Embodiment five provides a computer program product comprising instructions, as shown in fig. 7, which when run on a computer, cause the computer to perform any one of the NER noisy training methods provided in embodiment one.

Those of skill would further appreciate that the various illustrative components and algorithm steps described in connection with the embodiments disclosed herein may be implemented as electronic hardware, computer software, or combinations of both, and that the various illustrative components and steps have been described above generally in terms of their functionality in order to clearly illustrate this interchangeability of hardware and software. Whether such functionality is implemented as hardware or software depends upon the particular application and design constraints imposed on the technical solution. Skilled artisans may implement the described functionality in varying ways for each particular application, but such implementation decisions should not be interpreted as causing a departure from the scope of the present invention.

The steps of a method or algorithm described in connection with the embodiments disclosed herein may be embodied in hardware, a software module executed by a processor, or a combination of the two. A software module may reside in Random Access Memory (RAM), memory, read Only Memory (ROM), electrically programmable ROM, electrically erasable programmable ROM, registers, hard disk, a removable disk, a CD-ROM, or any other form of storage medium known in the art.

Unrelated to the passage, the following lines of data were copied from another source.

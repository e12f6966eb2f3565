-- ===== src/Codec/Head.antt =====
-- The head of a packet, byte by byte, and the length that `decode_head` reads from it.
use Prim.Native.Nat.{bit_or}
use native.Mathlib.Nat.{mod-eq_of_lt}
use hbb_common.Common.{
  ℕ, ◌+◌, ◌*◌, ◌/◌, ◌%◌, ◌^◌, ◌≤◌, ◌<◌, ◌≡◌, ap, ◌∙◌, Bool-cases, inl, inr, arith, Option, some,
  List, [], ◌∷◌, ◌++◌, ltb, leb, if◌then◌else◌, Outcome, ok, err,
}
use hbb_common.Common.Bits.{bit_or_low_high, bit_or_high_low, bit_and_three, bit_and_mask}
use hbb_common.Codec.{BytesCodec, IoError, overflow, too_big_packet, encode_head, decode_head}

-- The bytes of a head, in plain arithmetic.
unfoldable pub head_bytes : ℕ → List ℕ
head_bytes n =
    if leb n 0x3f
    then n * 4 ∷ []
    else if leb n 0x3fff
    then (n * 4 + 1) % 256 ∷ (n * 4 + 1) / 256 ∷ []
    else if leb n 0x3f_ffff
    then (n * 4 + 2) % 256 ∷ (n * 4 + 2) / 256 % 256 ∷ (n * 4 + 2) / 65536 ∷ []
    else (n * 4 + 3) % 256
      ∷ (n * 4 + 3) / 256 % 256
      ∷ (n * 4 + 3) / 65536 % 256
      ∷ (n * 4 + 3) / 16777216
      ∷ []

tag : (n w t : ℕ) → n * 4 < w → t < 4 → bit_or (n * 2 ^ 2 % w) t ≡ n * 4 + t
tag n w t h ht = rw (mod-eq_of_lt (shifted n w h)) (bit_or_high_low 2 n t ht)
  where
    shifted : (n w : ℕ) → n * 4 < w → n * 2 ^ 2 < w
    shifted n w h = h

pub encode_head_lem : (n : ℕ) → n ≤ 0x3fff_ffff → encode_head n ≡ ok (head_bytes n)
unfolding encode_head head_bytes
encode_head_lem n h =
    ground
      (arith, tag n (2 ^ 16) 1, tag n (2 ^ 32) 2, tag n (2 ^ 32) 3, bit_and_mask 16 (n * 4 + 2))

pub encode_head_overflow : (n : ℕ) → 0x3fff_ffff < n → encode_head n ≡ err overflow
unfolding encode_head
encode_head_overflow n h = ground arith

-- What `decode_head` does with a length that it has read.
abbrev pub bounded : BytesCodec → ℕ → List ℕ → Outcome IoError (Option (ℕ × List ℕ))
bounded c n rest = if ltb c.max_packet_length n then err too_big_packet else ok (some (n, rest))

module _ (c : BytesCodec) where
  one_byte : (b : ℕ) (rest : List ℕ) → b % 4 ≡ 0 → decode_head c (b ∷ rest) ≡ bounded c (b / 4) rest
  unfolding decode_head
  one_byte b rest h = ground (arith, bit_and_three b)

  two_bytes :
      (b0 b1 : ℕ) (rest : List ℕ)
      → b0 < 256
      → b0 % 4 ≡ 1
      → decode_head c (b0 ∷ b1 ∷ rest) ≡ bounded c ((b0 + b1 * 256) / 4) rest
  unfolding decode_head
  two_bytes b0 b1 rest h0 h = ground (arith, bit_and_three b0, bit_or_low_high 8 b0 b1)

  three_bytes :
      (b0 b1 b2 : ℕ) (rest : List ℕ)
      → b0 < 256
      → b1 < 256
      → b0 % 4 ≡ 2
      → decode_head c (b0 ∷ b1 ∷ b2 ∷ rest) ≡ bounded c ((b0 + b1 * 256 + b2 * 65536) / 4) rest
  unfolding decode_head
  three_bytes b0 b1 b2 rest h0 h1 h =
      ground
        (arith, bit_and_three b0, bit_or_low_high 8 b0 b1, bit_or_low_high 16 (b0 + b1 * 256) b2)

  four_bytes :
      (b0 b1 b2 b3 : ℕ) (rest : List ℕ)
      → b0 < 256
      → b1 < 256
      → b2 < 256
      → b0 % 4 ≡ 3
      → decode_head c (b0 ∷ b1 ∷ b2 ∷ b3 ∷ rest)
        ≡ bounded c ((b0 + b1 * 256 + b2 * 65536 + b3 * 16777216) / 4) rest
  unfolding decode_head
  four_bytes b0 b1 b2 b3 rest h0 h1 h2 h = ground (
    arith,
    bit_and_three b0,
    bit_or_low_high 8 b0 b1,
    bit_or_low_high 16 (b0 + b1 * 256) b2,
    bit_or_low_high 24 (b0 + b1 * 256 + b2 * 65536) b3,
  )

  -- The head that `encode_head` writes is read back as the length, whatever follows.
  pub decode_head-head_bytes :
      (n : ℕ) (rest : List ℕ)
      → n ≤ 0x3fff_ffff
      → decode_head c (head_bytes n ++ rest) ≡ bounded c n rest
  unfolding head_bytes
  decode_head-head_bytes n rest h = elim (Bool-cases (leb n 0x3f)) [
    | inl e ↦ rw e (one_byte (n * 4) rest (omega arith) ∙ same (n * 4 / 4) (omega arith))
    | inr e ↦ rw e (elim (Bool-cases (leb n 0x3fff)) [
      | inl e2 ↦ rw e2 (two_bytes _ _ rest (omega arith) (omega arith) ∙ same _ (omega arith))
      | inr e2 ↦ rw e2 (elim (Bool-cases (leb n 0x3f_ffff)) [
        | inl e3 ↦ rw e3 (
            three_bytes _ _ _ rest (omega arith) (omega arith) (omega arith) ∙ same _ (omega arith))
        | inr e3 ↦ rw e3 (
            four_bytes _ _ _ _ rest (omega arith) (omega arith) (omega arith) (omega arith)
            ∙ same _ (omega arith))
      ])
    ])
  ]
    where
      same : (m : ℕ) → m ≡ n → bounded c m rest ≡ bounded c n rest
      same m e = ap (λ (k : ℕ). bounded c k rest) e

The above-mentioned embodiments are intended to illustrate the objects, technical solutions and advantages of the present invention in further detail, and it should be understood that the above-mentioned embodiments are merely exemplary embodiments of the present invention, and are not intended to limit the scope of the present invention, and any modifications, equivalent substitutions, improvements and the like made within the spirit and principle of the present invention should be included in the scope of the present invention.

Claims

1. A Named Entity Recognition (NER) noisy training method is characterized by comprising the following steps:

training the K data sets through a preset model to obtain K trained models;

counting a first number of the entity labels inconsistent with the new labels;

2. The method of claim 1, wherein before setting a noise weighting parameter for each text data according to the number, the method further comprises:

extracting artificially labeled text data from the original noisy training set;

counting a second number of noise data in the extracted text data;

3. The method of claim 2, wherein said calculating the noise weight parameter based on the second number and the first number of noise data comprises:

calculating the probability that the second number occupies the artificially marked text data;

calculating a difference value of subtracting the probability from a preset value;

4. The method of claim 1, wherein the predetermined model is a NER model.

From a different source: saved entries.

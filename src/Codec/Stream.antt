-- ===== src/Codec/Stream.antt =====
-- `decode` on a byte stream that arrives in pieces, and on hostile bytes.
use hbb_common.Common.{
  ℕ, ◌*◌, ◌^◌, ◌≤◌, ◌≡◌, ◌≢◌, refl, ◌∙◌, inl, inr, arith, true, false, Option, none, some, List, [],
  ◌∷◌, ◌++◌, length, take-append_le, drop-append_le, length-append, ltb, Outcome, ok, err, panic,
  Bool-cases, bit_or,
}
use hbb_common.Common.Bytes.{index-append, index_in_range, from_be_bytes, slice}
use hbb_common.Codec.{
  BytesCodec, IoError, decode_head, decode_bounded_head, join_byte, join_bytes, decode, decode_raw,
  decode_body, DecodeState, head, body, decode_from, after_head,
}

-- A length that was read, with more bytes behind the buffer.
abbrev extended :
    List ℕ → Outcome IoError (Option (ℕ × List ℕ)) → Outcome IoError (Option (ℕ × List ℕ))
extended more (ok none) = ok none
extended more (ok (some (n, rest))) = ok (some (n, rest ++ more))
extended more (err e) = err e
extended more panic = panic

module _ (hl : ℕ) (src more : List ℕ) (h : hl ≤ length src) where
  join_byte-append : (i n : ℕ) → join_byte hl i (src ++ more) n ≡ join_byte hl i src n
  unfolding join_byte
  join_byte-append i n = ground (arith, index-append {E = IoError} i src more)

  join_byte_ok : (i n : ℕ) → (m : ℕ) × (join_byte hl i src n ≡ ok m)
  unfolding join_byte
  join_byte_ok i n = elim (Bool-cases (ltb i hl)) [
    | inl e ↦
        let b = from_be_bytes (slice i 1 src) in
        (bit_or n (b * 2 ^ (8 * i)), rw e (rw (index_in_range {E = IoError} i src (ground arith))))
    | inr e ↦ (n, rw e)
  ]

  pub join_bytes_ok :
      (n : ℕ) → (m : ℕ) × (join_bytes hl src n ≡ ok m) × (join_bytes hl (src ++ more) n ≡ ok m)
  unfolding join_bytes
  join_bytes_ok n =
      let (n1, e1) = join_byte_ok 1 n in
      let (n2, e2) = join_byte_ok 2 n1 in
      let (n3, e3) = join_byte_ok 3 n2 in
      (
        n3,
        rw e1 (rw e2 e3),
        rw (join_byte-append 1 n ∙ e1)
            (rw (join_byte-append 2 n1 ∙ e2) (join_byte-append 3 n2 ∙ e3)),
      )

module _ (c : BytesCodec) (src more : List ℕ) where
  decode_bounded_head-append :
      (first hl : ℕ)
      → decode_bounded_head c src first hl ≢ ok none
      → decode_bounded_head c (src ++ more) first hl
        ≡ extended more (decode_bounded_head c src first hl)
  unfolding decode_bounded_head
  decode_bounded_head-append first hl h = elim (Bool-cases (ltb (length src) hl)) [
    | inl e ↦ absurd (h (rw e))
    | inr e ↦
        let (m, ej, ejm) = join_bytes_ok hl src more (ground arith) first in
        ground (arith, ej, ejm, length-append src more, drop-append_le hl src more)
  ]

  decode_bounded_head-ne-panic : (first hl : ℕ) → decode_bounded_head c src first hl ≢ panic
  unfolding decode_bounded_head
  decode_bounded_head-ne-panic first hl h = elim (Bool-cases (ltb (length src) hl)) [
    | inl e ↦ ground arith
    | inr e ↦ let (m, ej, _) = join_bytes_ok hl src [] (ground arith) first in ground (arith, ej)
  ]

decode_head-append :
    (c : BytesCodec) (src more : List ℕ)
    → decode_head c src ≢ ok none
    → decode_head c (src ++ more) ≡ extended more (decode_head c src)
unfolding decode_head
decode_head-append c [] more h = absurd (h refl)
decode_head-append c (b ∷ bs) more h = decode_bounded_head-append c (b ∷ bs) more _ _ h

pub decode_head-ne-panic : (c : BytesCodec) (src : List ℕ) → decode_head c src ≢ panic
unfolding decode_head
decode_head-ne-panic c [] h = cc
decode_head-ne-panic c (b ∷ bs) h = decode_bounded_head-ne-panic c (b ∷ bs) [] _ _ h

pub decode-eq-decode_from :
    (c : BytesCodec) (s : DecodeState) (src : List ℕ)
    → c.raw ≡ false
    → c.state ≡ s
    → decode c src ≡ decode_from c s src
unfolding decode
decode-eq-decode_from c s src hr hs = ground arith

decode_body_resume :
    (c : BytesCodec) (n : ℕ) (src more : List ℕ)
    → c.raw ≡ false
    → (decode_body c n src).result ≡ ok none
    → decode (decode_body c n src).codec ((decode_body c n src).src ++ more)
      ≡ decode_body c n (src ++ more)
unfolding decode decode_body
decode_body_resume c n src more hr h = ground arith

decode_body-append :
    (c : BytesCodec) (n : ℕ) (src more : List ℕ)
    → (decode_body c n src).result ≢ ok none
    → decode_body c n (src ++ more)
      ≡ record (decode_body c n src) { src = (decode_body c n src).src ++ more }
unfolding decode_body
decode_body-append c n src more h = elim (Bool-cases (ltb (length src) n)) [
  | inl e ↦ absurd (h (ground arith))
  | inr e ↦
      ground (arith, length-append src more, take-append_le n src more, drop-append_le n src more)
]

after_head_resume :
    (c : BytesCodec) (front more : List ℕ) (r : Outcome IoError (Option (ℕ × List ℕ)))
    → c.raw ≡ false
    → c.state ≡ head
    → decode_head c front ≡ r
    → (after_head c front r).result ≡ ok none
    → decode (after_head c front r).codec ((after_head c front r).src ++ more)
      ≡ decode_from c head (front ++ more)
unfolding after_head decode_from
after_head_resume c front more (ok none) hr hs e h = decode-eq-decode_from c head _ hr hs
after_head_resume c front more (ok (some (n, rest))) hr hs e h =
    decode_body_resume c n rest more hr h
    ∙ rw (decode_head-append c front more (λ f. ground (arith, e, f)), e)
after_head_resume c front more (err x) hr hs e h = cc
after_head_resume c front more panic hr hs e h = cc

after_head-append :
    (c : BytesCodec) (front more : List ℕ) (r : Outcome IoError (Option (ℕ × List ℕ)))
    → decode_head c front ≡ r
    → (after_head c front r).result ≢ ok none
    → decode_from c head (front ++ more)
      ≡ record (after_head c front r) { src = (after_head c front r).src ++ more }
unfolding after_head decode_from
after_head-append c front more (ok none) e h = absurd (h refl)
after_head-append c front more (ok (some (n, rest))) e h =
    rw (decode_head-append c front more (λ f. ground (arith, e, f)), e)
      (decode_body-append c n rest more h)
after_head-append c front more (err x) e h =
    rw (decode_head-append c front more (λ f. ground (arith, e, f)), e)
after_head-append c front more panic e h = absurd (decode_head-ne-panic c front e)

decode_from_resume :
    (c : BytesCodec) (s : DecodeState) (front more : List ℕ)
    → c.raw ≡ false
    → c.state ≡ s
    → (decode_from c s front).result ≡ ok none
    → decode (decode_from c s front).codec ((decode_from c s front).src ++ more)
      ≡ decode_from c s (front ++ more)
unfolding decode_from
decode_from_resume c head front more hr hs h =
    after_head_resume c front more (decode_head c front) hr hs refl h
decode_from_resume c (body n) front more hr hs h = decode_body_resume c n front more hr h

decode_raw_resume :
    (c : BytesCodec) (front more : List ℕ)
    → c.raw ≡ true
    → (decode c front).result ≡ ok none
    → decode (decode c front).codec ((decode c front).src ++ more) ≡ decode c (front ++ more)
unfolding decode decode_raw
decode_raw_resume c [] more hr h = ground arith
decode_raw_resume c (b ∷ bs) more hr h = ground arith

-- A call that asks for more bytes loses nothing: calling again, with the codec and the buffer that it
-- left and more bytes behind them, gives what one call on all the bytes would have given.
pub decode_resume :
    (c : BytesCodec) (front more : List ℕ)
    → (decode c front).result ≡ ok none
    → decode (decode c front).codec ((decode c front).src ++ more) ≡ decode c (front ++ more)
decode_resume c front more h = elim (Bool-cases c.raw) [
  | inl hr ↦ decode_raw_resume c front more hr h
  | inr hr ↦
      let e = decode-eq-decode_from c c.state front hr refl in
      rw (e, decode-eq-decode_from c c.state (front ++ more) hr refl)
        (decode_from_resume c c.state front more hr refl (rw e at h))
]

decode_from-append :
    (c : BytesCodec) (s : DecodeState) (front more : List ℕ)
    → (decode_from c s front).result ≢ ok none
    → decode_from c s (front ++ more)
      ≡ record (decode_from c s front) { src = (decode_from c s front).src ++ more }
unfolding decode_from
decode_from-append c head front more h = after_head-append c front more (decode_head c front) refl h
decode_from-append c (body n) front more h = decode_body-append c n front more h

-- A call of a framing codec that returns a packet or an error does not look past it: more bytes
-- behind the buffer change neither the result nor the codec, and stay behind what is left.
pub decode_append :
    (c : BytesCodec) (front more : List ℕ)
    → c.raw ≡ false
    → (decode c front).result ≢ ok none
    → decode c (front ++ more) ≡ record (decode c front) { src = (decode c front).src ++ more }
decode_append c front more hr h =
    let e = decode-eq-decode_from c c.state front hr refl in
    rw (e, decode-eq-decode_from c c.state (front ++ more) hr refl)
      (decode_from-append c c.state front more (rw e at h))

after_head-ne-panic :
    (c : BytesCodec) (src : List ℕ) (r : Outcome IoError (Option (ℕ × List ℕ)))
    → r ≢ panic
    → (after_head c src r).result ≢ panic
unfolding after_head decode_body
after_head-ne-panic c src (ok none) h e = cc
after_head-ne-panic c src (ok (some (n, rest))) h e = ground arith
after_head-ne-panic c src (err x) h e = cc
after_head-ne-panic c src panic h e = h refl

decode_from-ne-panic :
    (c : BytesCodec) (s : DecodeState) (src : List ℕ) → (decode_from c s src).result ≢ panic
unfolding decode_from decode_body
decode_from-ne-panic c head src e =
    after_head-ne-panic c src (decode_head c src) (decode_head-ne-panic c src) e
decode_from-ne-panic c (body n) src e = ground arith

-- No input makes `decode` panic, in any state and mode: every index that it reads is in range, and
-- `advance` and `split_to` never go past the end of the buffer.
pub decode-ne-panic : (c : BytesCodec) (src : List ℕ) → (decode c src).result ≢ panic
unfolding decode decode_raw
decode-ne-panic c [] h = ground (arith, decode_from-ne-panic c c.state [])
decode-ne-panic c (b ∷ bs) h = ground (arith, decode_from-ne-panic c c.state (b ∷ bs))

5. The method according to claim 1, wherein said calculating the loss function of the K trained models based on the noise weight parameter specifically comprises:

calculating the conventional loss functions of the K trained models;

6. The method of claim 5, wherein the regular loss function comprises cross entropy.

7. A Named Entity Recognition (NER) noisy training device, the device comprising:

the acquisition module is used for acquiring a plurality of text data and an entity tag corresponding to each text data;

8. A chip system comprising a processor coupled to a memory, the memory storing program instructions that, when executed by the processor, implement the NER noisy training method of any of claims 1-6.

9. A computer-readable storage medium, characterized in that the computer-readable storage medium has stored thereon a computer program which is executed by a processor to perform the NER noisy training method according to any one of claims 1-6.

10. A computer program product, characterized in that it, when run on a computer, causes the computer to perform the NER noisy training method according to any of the claims 1-6.